We’ll leave it to the exercise to explore all the options, but I do want to draw your attention to two special cases. First, consider several floats that we want to convert into integers. Before you type the code, please write down what you expect the output to be.

 1
 2
 3
 4
 5
 6
 7
 8
 9
10
11
12
13
14
15
16
17
18
pos1 = 2.1
pos2 = 1.9

neg1 = -2.1
neg2 = -1.9

int_pos1 = int(pos1)
int_pos2 = int(pos2)

int_neg1 = int(neg1)
int_neg2 = int(neg2)

## Comment this out AFTER you have made your predictions.
# print(f"int('pos1' = {pos1}) is {int_pos1}")
# print(f"int('pos2' = {pos2}) is {int_pos2}")
# print()
# print(f"int('neg1' = {neg1}) is {int_neg1}")
# print(f"int('neg2' = {neg2}) is {int_neg2}")

To see the explanation, go here

The other interesting case is what Python thinks should be turned into a True or a False in the context of booleans. Again, first write down for yourself what you expect to result from the following code, then execute it.

 1
 2
 3
 4
 5
 6
 7
 8
 9
10
11
12
13
14
15
16
17
18
19
20
21
22
23
24
25
26
27
28
pos_int = 4
neg_int = -3
zero_int = 0

pos_float = 7.13
small_pos_float = 0.0003
neg_float = -4.67
zero_float = 0.0

number_str = "3.12"
zero_str = "0"
letter_str = "abcdef"
empty_str = "" ## What is this??? Check the type!

## Comment this out AFTER you have made your predictions.
# print(f"Converting {pos_int} to boolean gives {bool(pos_int)}")
# print(f"Converting {neg_int} to boolean gives {bool(neg_int)}")
# print(f"Converting {zero_int} to boolean gives {bool(zero_int)}")

# print(f"\nConverting {pos_float} to boolean gives {bool(pos_float)}")
# print(f"Converting {small_pos_float} to boolean gives {bool(small_pos_float)}")
# print(f"Converting {neg_float} to boolean gives {bool(neg_float)}")
# print(f"Converting {zero_float} to boolean gives {bool(zero_float)}")

# print(f"\nConverting {number_str} to boolean gives {bool(number_str)}")
# print(f"Converting {zero_str} to boolean gives {bool(zero_str)}")
# print(f"Converting {letter_str} to boolean gives {bool(letter_str)}")
# print(f"Converting {empty_str} to boolean gives {bool(empty_str)}")

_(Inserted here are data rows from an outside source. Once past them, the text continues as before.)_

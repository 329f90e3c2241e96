-- ===== src/Diagnostics/Publishing.antt =====
-- `publish` of diagnostics_channel.js: who is called, and what becomes of errors.
use jaseci.Prelude.{
  ℕ, true, List, [], ◌∷◌, ◌++◌, Option, none, some, ◌≡◌, ap, sym, ◌∙◌, append_assoc, append-nil,
  if_true,
}
use jaseci.Diagnostics.{Name, Value, State, Call, throw_later, publish_to, publish}

-- The errors that the subscribers throw, in their order.
abbrev pub failures : (ℕ → Option Value) → List ℕ → List Value
failures fails [] = []
failures fails (fn ∷ list) = elim (fails fn) [
  | none ↦ failures fails list
  | some e ↦ e ∷ failures fails list
]

-- A subscriber throws what `fails` says, and leaves process.nextTick alone.
pub record Fails (call : Call) (fails : ℕ → Option Value) : Type 0 where
  pub throws : (fn message : ℕ) (name : Name) (s : State) → (call fn message name s).1 ≡ fails fn
  pub keeps_ticks :
      (fn message : ℕ) (name : Name) (s : State) → (call fn message name s).0.ticks ≡ s.ticks
  pub keeps_process :
      (fn message : ℕ) (name : Name) (s : State)
      → (call fn message name s).0.has_next_tick ≡ s.has_next_tick

publish_to-ticks :
    (call : Call) (fails : ℕ → Option Value) (message : ℕ) (name : Name)
    → Fails call fails
    → (list : List ℕ) (s : State) → s.has_next_tick ≡ true
    → (publish_to call list message name s).ticks ≡ s.ticks ++ failures fails list
unfolding publish_to throw_later
publish_to-ticks call fails message name h [] s p = sym (append-nil s.ticks)
publish_to-ticks call fails message name h (fn ∷ list) s p =
    let s' = (call fn message name s).0 in
    let p' : s'.has_next_tick ≡ true = h.keeps_process fn message name s ∙ p in
    let kept = h.keeps_ticks fn message name s in
    rw (h.throws fn message name s, publish_to)
      (elim (fails fn)
        as (λ (o : Option Value).
          (publish_to call list message name (throw_later o s')).ticks
          ≡ s.ticks ++ elim o [ none ↦ failures fails list | some e ↦ e ∷ failures fails list ]) [
            | none ↦
                publish_to-ticks call fails message name h list s' p'
                ∙ ap (λ (l : List Value). l ++ failures fails list) kept
            | some e ↦
                let t = record s' { ticks = s'.ticks ++ e ∷ [] } in
                ap (λ (x : State). (publish_to call list message name x).ticks) (if_true t s' p')
                ∙ publish_to-ticks call fails message name h list t p'
                ∙ append_assoc s'.ticks (e ∷ []) (failures fails list)
                ∙ ap (λ (l : List Value). l ++ e ∷ failures fails list) kept
          ])

-- `publish` calls every subscriber that the channel had before, each once and in order, whatever they
-- throw or do to the channels: the errors that they throw are given to process.nextTick, in that order
-- and behind those that were there. Each subscriber throws a fixed error or none, leaves the errors and
-- process.nextTick alone, and there is such a function.
pub publish-ticks :
    (call : Call) (fails : ℕ → Option Value) (a message : ℕ) (s : State)
    → Fails call fails
    → s.has_next_tick ≡ true
    → (publish call a message s).ticks ≡ s.ticks ++ failures fails (s.subscribers a)
unfolding publish
publish-ticks call fails a message s h p =
    publish_to-ticks call fails message (s.name a) h (s.subscribers a) s p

To see the explanation, go here

At this point, you’ve seen enough of the details of types in Python to start to see how we can use Python to hold and start to manipulate different pieces of data. After these exercises, the next section will introduce you to how you deal with lots of data and you will have your first introduction to numpy, which is “the fundamental package for scientific computing in Python”. With those pieces in place, you’ll be ready to start shredding real data of all shapes and sizes.

3.2.5. Exercise 3.2

  1. Create a variable for your name and another for your age. Use string formatting to introduce your name and age to Python. Create the same for a friend (real or imaginary). Then create a Frankenstein’s monster of you and your friend by concatenating your names and averaging your ages. Print your creation to the screen using string formatting.

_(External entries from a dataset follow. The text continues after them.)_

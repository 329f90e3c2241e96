-- ===== src/Diagnostics/Traced.antt =====
-- How a call that is traced by diagnostics_channel.js ends.
use jaseci.Prelude.{ℕ, Bool, true, false, Option, none, some, if◌then◌else◌, ◌≡◌, refl, ap}
use jaseci.Diagnostics.{Value, not_writable, State, Outcome, returned, threw, Call, store, publish}
use jaseci.Diagnostics.Tracing.{
  Channels, context_of, set_result, set_error, publish_error, catch_sync, after_sync, Run,
  trace_sync,
}

set_error-open :
    (c : ℕ) (v : Value) (s : State)
    → (s.contexts c).frozen ≡ false
    → (s' : State) × (set_error c v s ≡ some s')
unfolding set_error
set_error-open c v s h =
    let s' : State = record s {
      contexts = store s.contexts c (record (s.contexts c) { error = some v });
    } in
    (s', ap (λ (b : Bool). if b then none else some s') h)

set_error-frozen :
    (c : ℕ) (v : Value) (s : State) → (s.contexts c).frozen ≡ true → set_error c v s ≡ none
unfolding set_error
set_error-frozen c v s h =
    ap
      (λ (b : Bool).
        if b
        then none
        else some
            (record s { contexts = store s.contexts c (record (s.contexts c) { error = some v }) }))
      h

set_result-open :
    (c : ℕ) (v : Value) (s : State)
    → (s.contexts c).frozen ≡ false
    → (s' : State) × (set_result c v s ≡ some s')
unfolding set_result
set_result-open c v s h =
    let s' : State = record s {
      contexts = store s.contexts c (record (s.contexts c) { result = some v });
    } in
    (s', ap (λ (b : Bool). if b then none else some s') h)

set_result-frozen :
    (c : ℕ) (v : Value) (s : State) → (s.contexts c).frozen ≡ true → set_result c v s ≡ none
unfolding set_result
set_result-frozen c v s h =
    ap
      (λ (b : Bool).
        if b
        then none
        else some (record s {
          contexts = store s.contexts c (record (s.contexts c) { result = some v });
        }))
      h

catch_sync-outcome :
    (call : Call) (t : Channels) (c : ℕ) (e : Value) (s : State) (frozen : Bool)
    → (s.contexts c).frozen ≡ frozen
    → (catch_sync call t c e s).1 ≡ (if frozen then threw not_writable else threw e)
unfolding publish_error catch_sync
catch_sync-outcome call t c e s true h =
    let failed : publish_error call t c e s ≡ none =
      rw (set_error-frozen c e s h, publish_error) refl in
    rw (failed, catch_sync) refl
catch_sync-outcome call t c e s false h =
    let (s', f) = set_error-open c e s h in
    let published : publish_error call t c e s
        ≡ some (publish call t.end c (publish call t.error c s')) =
      rw (f, publish_error) refl in
    rw (published, catch_sync) refl

after_sync-outcome :
    (call : Call) (t : Channels) (c : ℕ) (s : State) (o : Outcome) (frozen : Bool)
    → (s.contexts c).frozen ≡ frozen
    → (after_sync call t c (s, o)).1 ≡ (if frozen then threw not_writable else o)
unfolding after_sync
after_sync-outcome call t c s (threw e) true h = catch_sync-outcome call t c e s true h
after_sync-outcome call t c s (threw e) false h = catch_sync-outcome call t c e s false h
after_sync-outcome call t c s (returned v) true h =
    rw (set_result-frozen c v s h, after_sync) (catch_sync-outcome call t c not_writable s true h)
after_sync-outcome call t c s (returned v) false h =
    let (s', f) = set_result-open c v s h in rw (f, after_sync) refl

-- What the traced function makes of the state after the message on the channel `start`.
abbrev pub ran : Call → Channels → Run → Option ℕ → State → State × Outcome
ran call t run context s = let (s0, c) = context_of context s in run (publish call t.start c s0)

-- `traceSync` ends as the function does, whatever the subscribers do, but where the context is frozen when the
-- function ends: then it throws the TypeError of the assignment to it.
pub trace_sync-outcome :
    (call : Call) (t : Channels) (run : Run) (context : Option ℕ) (s : State)
    → (trace_sync call t run context s).1 ≡ (
        if ((ran call t run context s).0.contexts (context_of context s).1).frozen
        then threw not_writable
        else (ran call t run context s).1)
unfolding trace_sync
trace_sync-outcome call t run context s =
    let c = (context_of context s).1 in
    let r = ran call t run context s in
    after_sync-outcome call t c r.0 r.1 ((r.0.contexts c).frozen) refl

  2. Recreate the pattern on the screen below with one print statement using string concatenation, string multiplication, and newline characters/tabs. Use only star = "*", up = "^", line = '|' and space = ' ' as initial variables (you may create intermediates!).

       *
      ^^^
     *^*^*
    ^^*^*^^
      |||
    
  3. Perform the reverse of the last section: convert True and False into integer, float, and string types. Write in words what happens. Practice predicting what might happen and then connecting that with what actually happened.

  4. BONUS Consider the following:

    a, b = 'Eric', "Johnson"  ## Can we do *double* assignment!?
    print(a, b)
    b, a = a, b
    print(a, b)
    my_name = ", ".join([a, b])  ## This is NEW SYNTAX
    print(my_name)
    output = a = b
    print(a, b, output)
    output = (a = b)
    print(a, b, output)
    

    Write a sentence or two about what you think is happening. In particular, which direction does assignment “flow” in line 3? Again, comment out lines that cause errors if you want to ignore them.